With the limited stability of 3 in basic media, structural analysis by X-ray diffraction has not been possible.⁴⁵ Thus, the EXAFS data described here provide the first Mn–ligand bond lengths for 3. The Fourier-transformed EXAFS spectrum of 3 exhibits a sharp peak centered at R′ ≈ 1.7 Å with a shoulder at ∼2.0 Å and weaker features at 2.3, 2.6, and 3.2 Å (Figure 2C). The first coordination sphere of 3 is best fit with three shells of N/O atoms at distances of 1.71 (one O scatterer), 1.84 (one O scatterer), and 2.11 Å (four N scatterers). The shells at 1.71 and 1.84 Å are best fit with one oxygen atom each, corresponding to the oxo and hydroxo ligands, respectively.
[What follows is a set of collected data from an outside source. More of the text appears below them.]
-- ===== src/Rules/Size.antt =====
-- `parseSize` of internal/rules/compile.go. There are no floats here: float64 and
-- strconv.ParseFloat are a parameter.
use cardingest.Base.{ℕ, ◌*◌, ◌^◌, Bool, ◌&&◌, ◌||◌, [], ◌∷◌, Option, none, some, Outcome, ok, err}
use cardingest.Base.{◌==◌, nat_eq, list_eq, leb, if◌then◌else◌}
use cardingest.Base.Int.{ℤ}
use cardingest.Base.Strings.{Text, codes, trim_space, to_upper}

-- `parse` is strconv.ParseFloat at 64 bits, `to_int64` the conversion int64(x).
pub record Float : Type 1 where
  pub F : Type 0
  pub parse : Text → Outcome Text F
  pub of_int : ℕ → F
  pub times : F → F → F
  pub to_int64 : F → ℤ

pub data SizeError : Type 0 where
  empty_size : SizeError
  bad_size : Text → Text → SizeError
  unknown_unit : Text → SizeError

-- A character of the number: a dot or a digit.
unfoldable pub numeric : ℕ → Bool
unfolding nat_eq
numeric c = c == b'.' || (leb b'0' c && leb c b'9')

-- s[:i] and s[i:], for the first i at which the scan stops.
unfoldable pub span_number : Text → Text × Text
unfolding numeric
span_number [] = ([], [])
span_number (c ∷ s) =
    let (number, unit) = span_number s in if numeric c then (c ∷ number, unit) else ([], c ∷ s)

-- The factor of a unit.
unfoldable pub multiplier : Text → Option ℕ
multiplier u =
    if u == [] || u == codes "B"
    then some 1
    else if u == codes "K" || u == codes "KB"
    then some 1000
    else if u == codes "M" || u == codes "MB"
    then some (1000 * 1000)
    else if u == codes "G" || u == codes "GB"
    then some (1000 * 1000 * 1000)
    else if u == codes "T" || u == codes "TB"
    then some (1000 * 1000 * 1000 * 1000)
    else if u == codes "KIB"
    then some (2 ^ 10)
    else if u == codes "MIB"
    then some (2 ^ 20)
    else if u == codes "GIB"
    then some (2 ^ 30)
    else if u == codes "TIB"
    then some (2 ^ 40)
    else none

module _ (N : Float) where
  scale : Text → N.F → Option ℕ → Outcome SizeError ℤ
  scale s num none = err (unknown_unit s)
  scale s num (some mult) = ok (N.to_int64 (N.times num (N.of_int mult)))

  with_number : Text → Text → Outcome Text N.F → Outcome SizeError ℤ
  unfolding scale
  with_number s unit (err cause) = err (bad_size s cause)
  with_number s unit (ok num) = scale s num (multiplier (to_upper (trim_space unit)))

  sized : Text → Outcome SizeError ℤ
  unfolding with_number
  sized s =
      let (number, unit) = span_number s in
      if s == [] then err empty_size else with_number s unit (N.parse number)

  unfoldable pub parse_size : Text → Outcome SizeError ℤ
  unfolding sized
  parse_size s = sized (trim_space s)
Fits with only a single shell of two O atoms resulted in a Mn–O distance of 1.77 Å with an unreasonably high Debye–Waller factor (8.11 × 10^–3 Ų; Fit 1 in Table 1). The EXAFS data for 3 also require two Mn···C shells at 2.88 and 3.02 Å (4 and 6 C atoms, respectively).

Metric parameters from the EXAFS data of 3 are in good agreement with a structure derived from DFT computations (Table 2).¹⁸ The DFT-optimized structure of 3 features a Mn=O distance of 1.682 Å, slightly shorter than the EXAFS-determined distance of 1.71 Å. The short Mn=O distance in 3, as compared to the Mn–OH distances in 2, is indicative of the expected Mn=O double-bond character and is consistent with Mn^IV=O bond lengths observed for other Mn(IV) centers with terminal oxo ligands (1.673–1.706 Å by DFT computations; 1.69 Å from EXAFS analysis).^10,15,16,20 The computed 1.838 Å Mn–OH bond length in 3 is in excellent agreement with the EXAFS-determined distance (1.84 Å). The DFT-computed model of 3 shows a longer Mn–N distance trans to the oxo ligand (2.261 Å), an expected outcome of the strong donating ability of the oxo ligand. However, the EXAFS data for 3 are best fit with only a single shell of N scatterers, and thus, this computational prediction is not directly verifiable.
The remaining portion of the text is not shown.